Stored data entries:
+++++
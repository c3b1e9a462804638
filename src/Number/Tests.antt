-- ===== src/Number/Tests.antt =====
-- The texts "42" at 0x200 and "-7" at 0x210, and a heap of four blocks with the literal "0" at 0x100.
use koko_os.Prelude.{ℕ, ◌≡◌, ◌⊎◌, refl, arith, negsuc, kernel_panic, false}
use koko_os.Ram.{Ram, poke, load32}
use koko_os.Heap.{HeapTable, get_entry, entry_has_next}
use koko_os.Heap.Entries.{IsLayout}
use koko_os.Heap.Valid.{IsTable}
use koko_os.Heap.Calls.{out_of_memory}
use koko_os.Heap.Create.{heap_of, Zeros-IsTable}
use koko_os.Memory.{Machine}
use koko_os.Number.{itoa}
use koko_os.Number.Print.{Prints, atoi-itoa}

abbrev texts : Ram
texts = poke (poke (poke (poke (λ b. 0) 0x200 52) 0x201 50) 0x210 45) 0x211 55

abbrev table : HeapTable
table = record { total = 4; entries = 0x1000 }

abbrev machine : Machine
machine = record { ram = poke (λ b. 0) 0x100 48; heap = heap_of 0x2000 table; heap_table = table }

machine-IsLayout : IsLayout machine.heap
machine-IsLayout = omega arith

entry_zero : (i : ℕ) → get_entry machine.heap machine.ram i ≡ 0
unfolding get_entry load32
entry_zero i = ground arith

silent : (e : ℕ) → e ≡ 0 → entry_has_next e ≡ false
unfolding entry_has_next
silent e h = rw h

machine-IsTable : IsTable 4 (get_entry machine.heap machine.ram)
machine-IsTable =
    Zeros-IsTable 4 (get_entry machine.heap machine.ram) (λ i hi. entry_zero i)
      (silent (get_entry machine.heap machine.ram 4) (entry_zero 4))

atoi-itoa_example :
    Prints 0x100 machine (negsuc 122)
    ⊎ (itoa 0x100 machine (negsuc 122) ≡ kernel_panic out_of_memory)
atoi-itoa_example =
    atoi-itoa 0x100 machine machine-IsLayout machine-IsTable (negsuc 122) (omega arith)
      (refl, omega arith, refl)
+++++
_EXERCISE DIRECTIONS:_ You are asked to copy all of the entries above exactly.

_ANSWER AREA:_
repository c3b1e9a462804638
filename src/Number/Tests.antt
-- ===== src/Number/Tests.antt =====
-- The texts "42" at 0x200 and "-7" at 0x210, and a heap of four blocks with the literal "0" at 0x100.
use koko_os.Prelude.{ℕ, ◌≡◌, ◌⊎◌, refl, arith, negsuc, kernel_panic, false}
use koko_os.Ram.{Ram, poke, load32}
use koko_os.Heap.{HeapTable, get_entry, entry_has_next}
use koko_os.Heap.Entries.{IsLayout}
use koko_os.Heap.Valid.{IsTable}
use koko_os.Heap.Calls.{out_of_memory}
use koko_os.Heap.Create.{heap_of, Zeros-IsTable}
use koko_os.Memory.{Machine}
use koko_os.Number.{itoa}
use koko_os.Number.Print.{Prints, atoi-itoa}

abbrev texts : Ram
texts = poke (poke (poke (poke (λ b. 0) 0x200 52) 0x201 50) 0x210 45) 0x211 55

abbrev table : HeapTable
table = record { total = 4; entries = 0x1000 }

abbrev machine : Machine
machine = record { ram = poke (λ b. 0) 0x100 48; heap = heap_of 0x2000 table; heap_table = table }

machine-IsLayout : IsLayout machine.heap
machine-IsLayout = omega arith

entry_zero : (i : ℕ) → get_entry machine.heap machine.ram i ≡ 0
unfolding get_entry load32
entry_zero i = ground arith

silent : (e : ℕ) → e ≡ 0 → entry_has_next e ≡ false
unfolding entry_has_next
silent e h = rw h

machine-IsTable : IsTable 4 (get_entry machine.heap machine.ram)
machine-IsTable =
    Zeros-IsTable 4 (get_entry machine.heap machine.ram) (λ i hi. entry_zero i)
      (silent (get_entry machine.heap machine.ram 4) (entry_zero 4))

atoi-itoa_example :
    Prints 0x100 machine (negsuc 122)
    ⊎ (itoa 0x100 machine (negsuc 122) ≡ kernel_panic out_of_memory)
atoi-itoa_example =
    atoi-itoa 0x100 machine machine-IsLayout machine-IsTable (negsuc 122) (omega arith)
      (refl, omega arith, refl)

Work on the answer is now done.